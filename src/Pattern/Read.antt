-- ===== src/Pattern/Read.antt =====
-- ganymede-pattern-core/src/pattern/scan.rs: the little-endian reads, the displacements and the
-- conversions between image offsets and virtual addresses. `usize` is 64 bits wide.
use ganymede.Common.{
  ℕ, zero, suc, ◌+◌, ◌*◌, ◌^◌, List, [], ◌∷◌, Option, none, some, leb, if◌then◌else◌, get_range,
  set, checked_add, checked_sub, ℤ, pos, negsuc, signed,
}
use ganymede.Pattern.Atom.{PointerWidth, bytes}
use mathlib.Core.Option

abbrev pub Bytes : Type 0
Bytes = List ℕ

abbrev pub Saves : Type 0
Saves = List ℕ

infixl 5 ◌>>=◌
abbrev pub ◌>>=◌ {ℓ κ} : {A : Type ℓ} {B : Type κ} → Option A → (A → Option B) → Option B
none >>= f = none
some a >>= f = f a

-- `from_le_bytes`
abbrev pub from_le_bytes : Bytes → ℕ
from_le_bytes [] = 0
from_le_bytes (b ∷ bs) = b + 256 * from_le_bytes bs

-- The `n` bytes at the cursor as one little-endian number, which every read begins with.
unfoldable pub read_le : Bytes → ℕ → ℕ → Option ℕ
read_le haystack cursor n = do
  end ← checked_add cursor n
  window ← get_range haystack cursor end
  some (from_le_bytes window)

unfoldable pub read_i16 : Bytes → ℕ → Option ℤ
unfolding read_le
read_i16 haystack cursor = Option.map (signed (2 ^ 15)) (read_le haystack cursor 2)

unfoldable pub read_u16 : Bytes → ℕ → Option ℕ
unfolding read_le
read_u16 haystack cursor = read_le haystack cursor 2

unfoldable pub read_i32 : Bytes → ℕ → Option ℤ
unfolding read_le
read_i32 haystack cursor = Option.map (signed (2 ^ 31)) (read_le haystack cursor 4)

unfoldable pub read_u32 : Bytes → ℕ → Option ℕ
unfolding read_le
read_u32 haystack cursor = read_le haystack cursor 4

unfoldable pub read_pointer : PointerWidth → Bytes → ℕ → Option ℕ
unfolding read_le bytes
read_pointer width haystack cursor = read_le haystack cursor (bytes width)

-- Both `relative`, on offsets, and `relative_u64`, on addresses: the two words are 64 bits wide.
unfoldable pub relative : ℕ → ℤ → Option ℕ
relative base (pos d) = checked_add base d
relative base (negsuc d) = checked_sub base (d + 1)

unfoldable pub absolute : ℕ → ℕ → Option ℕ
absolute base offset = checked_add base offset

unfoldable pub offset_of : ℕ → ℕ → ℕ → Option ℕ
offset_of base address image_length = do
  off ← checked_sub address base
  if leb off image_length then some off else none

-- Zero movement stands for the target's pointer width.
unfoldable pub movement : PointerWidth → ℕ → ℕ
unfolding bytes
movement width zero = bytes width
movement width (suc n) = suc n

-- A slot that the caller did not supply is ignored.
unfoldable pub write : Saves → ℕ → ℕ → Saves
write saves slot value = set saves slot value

———

● **Problem statement**: In the entries above, identify every line with the string "haystack".

● **Result of the exercise**:
read_le haystack cursor n = do
  window ← get_range haystack cursor end
read_i16 haystack cursor = Option.map (signed (2 ^ 15)) (read_le haystack cursor 2)
read_u16 haystack cursor = read_le haystack cursor 2
read_i32 haystack cursor = Option.map (signed (2 ^ 31)) (read_le haystack cursor 4)
read_u32 haystack cursor = read_le haystack cursor 4
read_pointer width haystack cursor = read_le haystack cursor (bytes width)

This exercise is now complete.